__Your task__. This exercise asks for a copy of each line in the records below with the word "independent" in it.

....

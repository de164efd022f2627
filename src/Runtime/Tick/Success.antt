-- ===== src/Runtime/Tick/Success.antt =====
-- What the success of a tick, `tick` of src/qas/runtime.py, vouches for.
use qwen_autonomous_supervis.Prelude.{
  ℕ, ◌≤◌, String, ◌≡◌, refl, inl, inr, Bool, true, false, Option, some, List, [], ◌&&◌, leb, All,
  Bool-cases, arith,
}
use qwen_autonomous_supervis.Json.{Json, Fields, get, truthy}
use qwen_autonomous_supervis.Errors.{Exception, ok}
use qwen_autonomous_supervis.Effects.Returns.{
  Returns, Returns-bind, Returns-any, Returns-answer, Returns-give, Returns-throw, Returns-catch,
  Returns-throw_if, Returns-imp,
}
use qwen_autonomous_supervis.Config.{SupervisorConfig, GateConfig}
use qwen_autonomous_supervis.Policy.{assert_governance, GateRun, run_gate}
use qwen_autonomous_supervis.Qwen.{ProcessResult, Session}
use qwen_autonomous_supervis.Qwen.Output.{validated_output}
use qwen_autonomous_supervis.Runtime.Answers.{Answers, Tools, TickOutcome}
use qwen_autonomous_supervis.Runtime.Tick.Steps.{str_of}
use qwen_autonomous_supervis.Runtime.Tick.Phases.{is_changed, has_failed, coordinator_keys}
use qwen_autonomous_supervis.Runtime.Tick.Review.{
  review, launch_reviewer, accept_reviewer, judge, fail_review, is_reused, is_missing,
  critical_findings, review_keys, text_is,
}

module _ (c : SupervisorConfig) (t : Tools) (a : Answers) where
  -- The reviewer's process ended well, in a session that is not the coordinator's, and its output
  -- passes the change.
  pub record IsReviewed (implementation : Option String) : Type 0 where
    pub session : Session
    pub process : ProcessResult
    pub verdict : Fields
    pub launched : a.reviewer ≡ ok session
    pub ended : session.result ≡ ok process
    pub exited : has_failed process ≡ false
    pub identified : is_missing process.session_id ≡ false
    pub independent : is_reused implementation process.session_id ≡ false
    pub read_from :
        validated_output t.loads (review_keys c t a) process.structured_output process.stdout_lines
        ≡ ok verdict
    pub passed : text_is (get "verdict" verdict) "pass" ≡ true
    pub critical : ℕ
    pub counted : critical_findings (get "findings" verdict) ≡ ok critical
    pub few : critical ≤ c.review.maximum_critical_findings

  -- A gate that was run and passed.
  pub record HasPassed (g : GateConfig) : Type 0 where
    pub run : ℕ × GateRun
    pub answered : a.gate_runs g ≡ ok run
    pub passed : (run_gate g run.0 run.1).passed ≡ true

  -- What a mutation has passed: the secret scan, every gate and, if it is enabled, the review.
  pub record IsQualified (implementation : Option String) (passed : Option Bool) : Type 0 where
    pub diff : String
    pub changed : a.diff ≡ ok diff
    pub clean : t.scan_added_secrets diff ≡ []
    pub gates : All HasPassed c.quality_gates
    pub reviewed : c.review.enabled ≡ true → (passed ≡ some true) × IsReviewed implementation

  pub record IsVerified (o : TickOutcome) : Type 0 where
    pub session : Session
    pub process : ProcessResult
    pub output : Fields
    pub coordinated : a.coordinator ≡ ok session
    pub ended : session.result ≡ ok process
    pub exited : has_failed process ≡ false
    pub read_from :
        validated_output t.loads
          (coordinator_keys c t a)
          process.structured_output
          process.stdout_lines
        ≡ ok output
    pub state : o.state ≡ str_of t.spelled (get "state" output)
    pub clean : a.final_status ≡ ok ""
    pub paths : List String
    pub changed : a.changed_after ≡ ok paths
    pub governed : assert_governance t.fnmatch c.governance.protected_paths paths ≡ ok tt
    pub baseline : String
    pub head : String
    pub before : Json
    pub after : Json
    pub began : (a.baseline ≡ ok baseline) × (a.snapshot ≡ ok before)
    pub now : (a.head_after ≡ ok head) × (a.after_snapshot ≡ ok after)
    pub honest :
        truthy (get "mutation" output) ≡ false → is_changed c t a baseline before head after ≡ false
    pub qualified :
        truthy (get "mutation" output) ≡ true → IsQualified process.session_id o.review_passed

  Returns-accept :
      (implementation : Option String) (p : ProcessResult)
      → Returns
          (λ _.
            (has_failed p ≡ false)
            × ((is_missing p.session_id ≡ false) × (is_reused implementation p.session_id ≡ false)))
          (accept_reviewer c t a implementation p)
  unfolding accept_reviewer
  Returns-accept implementation p = Returns-bind _ _ (Returns-throw_if _ _) λ _ f.
      Returns-bind _ _ (Returns-throw_if _ _) λ _ _.
        Returns-bind _ _ (Returns-throw_if _ _)
          λ _ m. Returns-imp _ (Returns-throw_if _ _) λ _ r. (f, (m, r))

  Returns-judge :
      (implementation : Option String) (p : ProcessResult)
      → Returns
          (λ passed.
            (v : Fields) × ((n : ℕ) × ((validated_output t.loads
                    (review_keys c t a)
                    p.structured_output
                    p.stdout_lines
                  ≡ ok v)
                × ((critical_findings (get "findings" v) ≡ ok n)
                    × (passed ≡ (
                        text_is (get "verdict" v) "pass"
                        && leb n c.review.maximum_critical_findings))))))
          (judge c t a implementation p)
  unfolding judge
  Returns-judge implementation p = Returns-bind _ _ (Returns-answer _) λ v q.
      Returns-bind _ _ (Returns-answer _)
        λ n m. Returns-bind _ _ (Returns-any _) λ _ _. Returns-give _ (v, (n, (q, (m, refl))))

  Returns-launch :
      Returns
        (λ p. (s : Session) × ((a.reviewer ≡ ok s) × (s.result ≡ ok p)))
        (launch_reviewer c t a)
  unfolding launch_reviewer
  Returns-launch = Returns-bind _ _ (Returns-answer _) λ session q.
      Returns-bind _ _ (Returns-any _)
        λ _ _. Returns-imp _ (Returns-answer _) λ p r. (session, (q, r))

  Returns-fail_review :
      {A : Type 0} {F : A → Type 0} (caught : Exception → Bool) (at : ℕ) (e : Exception)
      → Returns F (fail_review c t a {A = A} caught at e)
  unfolding fail_review
  Returns-fail_review caught at e = elim (Bool-cases (caught e)) [
    | inl y ↦ rw y (Returns-bind _ _ (Returns-any _) λ _ _. Returns-throw _)
    | inr n ↦ rw n (Returns-throw _)
  ]

  pub Returns-review :
      (implementation : Option String)
      → Returns (λ passed. passed ≡ true → IsReviewed implementation) (review c t a implementation)
  unfolding review
  Returns-review implementation = Returns-bind _ _ (Returns-any _) λ _ _.
      Returns-bind _ _ (Returns-catch _ _ Returns-launch (λ e. Returns-fail_review _ _ e)) λ p l.
        Returns-bind _ _ (Returns-any _) λ _ _. Returns-bind _ _ (Returns-any _) λ _ _.
          Returns-bind _ _ (Returns-any _) λ _ _.
            Returns-bind _ _ (Returns-accept implementation p) λ _ f.
              Returns-imp _ (Returns-judge implementation p) λ passed j h. record {
                session = l.0;
                process = p;
                verdict = j.0;
                launched = l.1.0;
                ended = l.1.1;
                exited = f.0;
                identified = f.1.0;
                independent = f.1.1;
                read_from = j.1.1.0;
                passed = ground (arith, j.1.1.1.1, h);
                critical = j.1.0;
                counted = j.1.1.1.0;
                few = ground (arith, j.1.1.1.1, h);
              }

....

__Exercise solution__.
    pub independent : is_reused implementation process.session_id ≡ false
                independent = f.1.1;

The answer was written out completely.